=== Section Start ===

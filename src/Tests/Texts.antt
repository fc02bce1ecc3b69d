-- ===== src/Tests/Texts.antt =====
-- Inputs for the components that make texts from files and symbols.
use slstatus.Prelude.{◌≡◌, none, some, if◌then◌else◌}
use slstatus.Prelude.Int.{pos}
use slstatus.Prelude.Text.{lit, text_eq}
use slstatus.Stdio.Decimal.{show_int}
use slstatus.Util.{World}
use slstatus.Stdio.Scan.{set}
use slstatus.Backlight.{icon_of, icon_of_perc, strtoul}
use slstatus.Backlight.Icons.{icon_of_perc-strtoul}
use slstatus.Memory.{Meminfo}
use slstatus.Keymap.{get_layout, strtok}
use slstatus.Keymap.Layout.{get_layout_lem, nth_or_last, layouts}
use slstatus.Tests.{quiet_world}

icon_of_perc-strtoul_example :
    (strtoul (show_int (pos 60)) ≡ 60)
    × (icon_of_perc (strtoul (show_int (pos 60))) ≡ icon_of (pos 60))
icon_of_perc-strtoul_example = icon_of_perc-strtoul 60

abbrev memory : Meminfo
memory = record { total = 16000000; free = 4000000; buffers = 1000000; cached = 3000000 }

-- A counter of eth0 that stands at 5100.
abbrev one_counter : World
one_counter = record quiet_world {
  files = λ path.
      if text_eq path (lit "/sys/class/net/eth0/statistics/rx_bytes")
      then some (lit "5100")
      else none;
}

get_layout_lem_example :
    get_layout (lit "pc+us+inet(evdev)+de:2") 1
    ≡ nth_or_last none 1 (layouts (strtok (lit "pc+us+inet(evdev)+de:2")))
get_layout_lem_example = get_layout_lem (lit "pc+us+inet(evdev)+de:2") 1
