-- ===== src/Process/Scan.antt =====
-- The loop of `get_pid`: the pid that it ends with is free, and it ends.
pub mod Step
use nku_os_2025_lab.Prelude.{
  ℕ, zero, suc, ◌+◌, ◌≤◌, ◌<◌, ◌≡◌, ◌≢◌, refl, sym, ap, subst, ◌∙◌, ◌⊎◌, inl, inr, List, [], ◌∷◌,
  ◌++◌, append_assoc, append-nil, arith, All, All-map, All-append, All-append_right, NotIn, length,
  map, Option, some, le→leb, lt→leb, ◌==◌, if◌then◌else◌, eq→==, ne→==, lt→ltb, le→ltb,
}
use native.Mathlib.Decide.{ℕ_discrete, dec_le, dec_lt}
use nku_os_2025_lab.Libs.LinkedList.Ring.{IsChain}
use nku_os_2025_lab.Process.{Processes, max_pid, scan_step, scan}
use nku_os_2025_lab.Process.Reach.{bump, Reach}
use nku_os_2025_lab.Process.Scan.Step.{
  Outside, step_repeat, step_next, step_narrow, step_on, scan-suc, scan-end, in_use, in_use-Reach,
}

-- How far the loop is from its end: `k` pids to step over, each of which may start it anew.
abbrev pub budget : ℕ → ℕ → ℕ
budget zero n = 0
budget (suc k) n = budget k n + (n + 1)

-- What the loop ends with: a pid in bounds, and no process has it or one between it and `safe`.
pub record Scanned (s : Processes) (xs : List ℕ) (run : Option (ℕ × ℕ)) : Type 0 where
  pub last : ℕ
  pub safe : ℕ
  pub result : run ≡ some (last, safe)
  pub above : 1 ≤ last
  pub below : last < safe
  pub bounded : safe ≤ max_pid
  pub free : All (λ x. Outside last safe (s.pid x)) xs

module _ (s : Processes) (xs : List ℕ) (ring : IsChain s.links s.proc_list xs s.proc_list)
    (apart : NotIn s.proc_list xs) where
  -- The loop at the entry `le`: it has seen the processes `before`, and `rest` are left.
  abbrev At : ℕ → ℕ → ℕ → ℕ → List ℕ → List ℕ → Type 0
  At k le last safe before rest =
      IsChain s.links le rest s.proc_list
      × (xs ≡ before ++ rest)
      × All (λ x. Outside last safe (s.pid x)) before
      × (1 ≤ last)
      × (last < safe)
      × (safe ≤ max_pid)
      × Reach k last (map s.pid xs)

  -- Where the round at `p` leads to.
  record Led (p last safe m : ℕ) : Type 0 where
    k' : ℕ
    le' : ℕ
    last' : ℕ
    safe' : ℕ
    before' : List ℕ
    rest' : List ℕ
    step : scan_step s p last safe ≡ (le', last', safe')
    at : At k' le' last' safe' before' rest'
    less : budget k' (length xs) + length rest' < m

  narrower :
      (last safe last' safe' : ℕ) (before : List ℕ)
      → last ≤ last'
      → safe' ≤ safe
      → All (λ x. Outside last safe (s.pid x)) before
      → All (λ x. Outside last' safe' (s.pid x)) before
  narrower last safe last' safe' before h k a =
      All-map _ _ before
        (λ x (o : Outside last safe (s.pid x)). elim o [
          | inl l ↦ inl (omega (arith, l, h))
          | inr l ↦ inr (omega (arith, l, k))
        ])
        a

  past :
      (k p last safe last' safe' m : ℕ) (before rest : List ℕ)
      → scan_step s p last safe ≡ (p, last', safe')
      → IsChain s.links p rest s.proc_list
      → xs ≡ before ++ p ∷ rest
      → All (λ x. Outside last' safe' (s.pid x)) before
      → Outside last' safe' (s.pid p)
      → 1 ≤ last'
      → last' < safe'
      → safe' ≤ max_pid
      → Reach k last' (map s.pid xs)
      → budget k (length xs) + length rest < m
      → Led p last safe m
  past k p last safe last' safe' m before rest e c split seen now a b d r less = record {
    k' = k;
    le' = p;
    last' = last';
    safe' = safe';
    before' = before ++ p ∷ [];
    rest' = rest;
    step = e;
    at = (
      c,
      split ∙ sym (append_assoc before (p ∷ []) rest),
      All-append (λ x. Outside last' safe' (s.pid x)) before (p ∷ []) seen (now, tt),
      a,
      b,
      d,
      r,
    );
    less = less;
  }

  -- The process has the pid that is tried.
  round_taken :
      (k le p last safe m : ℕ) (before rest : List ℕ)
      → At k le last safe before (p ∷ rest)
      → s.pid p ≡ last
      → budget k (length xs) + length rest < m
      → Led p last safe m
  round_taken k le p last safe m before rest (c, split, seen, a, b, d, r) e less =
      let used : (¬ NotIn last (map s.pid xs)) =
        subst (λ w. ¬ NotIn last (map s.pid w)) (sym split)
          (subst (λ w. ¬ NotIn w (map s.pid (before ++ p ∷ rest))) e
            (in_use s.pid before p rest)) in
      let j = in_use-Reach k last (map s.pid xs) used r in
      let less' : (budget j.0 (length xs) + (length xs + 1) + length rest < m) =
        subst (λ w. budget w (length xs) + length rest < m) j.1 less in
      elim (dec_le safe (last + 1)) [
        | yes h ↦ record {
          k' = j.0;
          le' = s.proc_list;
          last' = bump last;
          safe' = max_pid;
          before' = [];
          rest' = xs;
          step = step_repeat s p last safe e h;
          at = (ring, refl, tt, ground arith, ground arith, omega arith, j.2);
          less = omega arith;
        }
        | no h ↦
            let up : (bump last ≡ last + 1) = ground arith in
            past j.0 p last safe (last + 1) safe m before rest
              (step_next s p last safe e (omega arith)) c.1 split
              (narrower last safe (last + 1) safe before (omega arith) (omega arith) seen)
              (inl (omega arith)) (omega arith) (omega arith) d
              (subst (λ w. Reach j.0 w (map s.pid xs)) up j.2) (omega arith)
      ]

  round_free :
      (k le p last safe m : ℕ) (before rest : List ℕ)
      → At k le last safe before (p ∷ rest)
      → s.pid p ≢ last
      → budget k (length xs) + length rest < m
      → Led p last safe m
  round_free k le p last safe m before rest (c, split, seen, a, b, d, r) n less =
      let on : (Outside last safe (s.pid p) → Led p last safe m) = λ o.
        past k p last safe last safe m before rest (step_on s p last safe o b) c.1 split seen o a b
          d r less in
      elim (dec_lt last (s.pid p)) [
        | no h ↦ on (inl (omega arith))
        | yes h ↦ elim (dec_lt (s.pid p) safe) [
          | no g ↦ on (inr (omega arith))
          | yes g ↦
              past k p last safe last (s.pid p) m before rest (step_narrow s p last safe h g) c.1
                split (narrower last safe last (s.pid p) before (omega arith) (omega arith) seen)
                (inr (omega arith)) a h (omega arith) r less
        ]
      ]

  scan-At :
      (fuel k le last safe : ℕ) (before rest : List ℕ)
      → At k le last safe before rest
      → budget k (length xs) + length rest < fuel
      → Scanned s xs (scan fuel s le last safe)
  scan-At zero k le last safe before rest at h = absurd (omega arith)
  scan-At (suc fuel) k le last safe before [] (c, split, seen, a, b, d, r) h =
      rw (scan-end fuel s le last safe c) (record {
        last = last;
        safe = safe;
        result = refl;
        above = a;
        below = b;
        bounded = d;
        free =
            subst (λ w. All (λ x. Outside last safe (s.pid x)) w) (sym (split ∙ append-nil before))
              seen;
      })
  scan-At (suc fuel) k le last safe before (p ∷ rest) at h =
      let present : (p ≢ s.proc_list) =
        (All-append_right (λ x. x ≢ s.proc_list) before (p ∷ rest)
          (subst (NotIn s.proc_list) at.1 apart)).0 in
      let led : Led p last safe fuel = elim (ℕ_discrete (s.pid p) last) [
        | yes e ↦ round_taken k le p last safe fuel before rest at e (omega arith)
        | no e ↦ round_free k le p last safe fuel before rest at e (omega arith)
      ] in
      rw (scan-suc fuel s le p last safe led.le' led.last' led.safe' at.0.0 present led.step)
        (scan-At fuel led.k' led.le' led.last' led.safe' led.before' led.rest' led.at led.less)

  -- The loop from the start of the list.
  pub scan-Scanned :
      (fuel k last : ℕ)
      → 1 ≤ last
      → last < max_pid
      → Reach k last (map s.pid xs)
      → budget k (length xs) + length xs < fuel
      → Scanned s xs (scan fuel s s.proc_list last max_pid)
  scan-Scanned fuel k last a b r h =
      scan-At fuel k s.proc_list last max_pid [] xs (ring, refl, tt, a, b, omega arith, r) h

=== Section End ===

> [Exercise instructions]: Please write out, exactly as they appear above, only the lines in the stretch from the line with "budget (suc k) n = budget k n + (n + 1)" through the line with "pub below : last < safe".

> [Solution to this problem]:
budget (suc k) n = budget k n + (n + 1)

-- What the loop ends with: a pid in bounds, and no process has it or one between it and `safe`.
pub record Scanned (s : Processes) (xs : List ℕ) (run : Option (ℕ × ℕ)) : Type 0 where
  pub last : ℕ
  pub safe : ℕ
  pub result : run ≡ some (last, safe)
  pub above : 1 ≤ last
  pub below : last < safe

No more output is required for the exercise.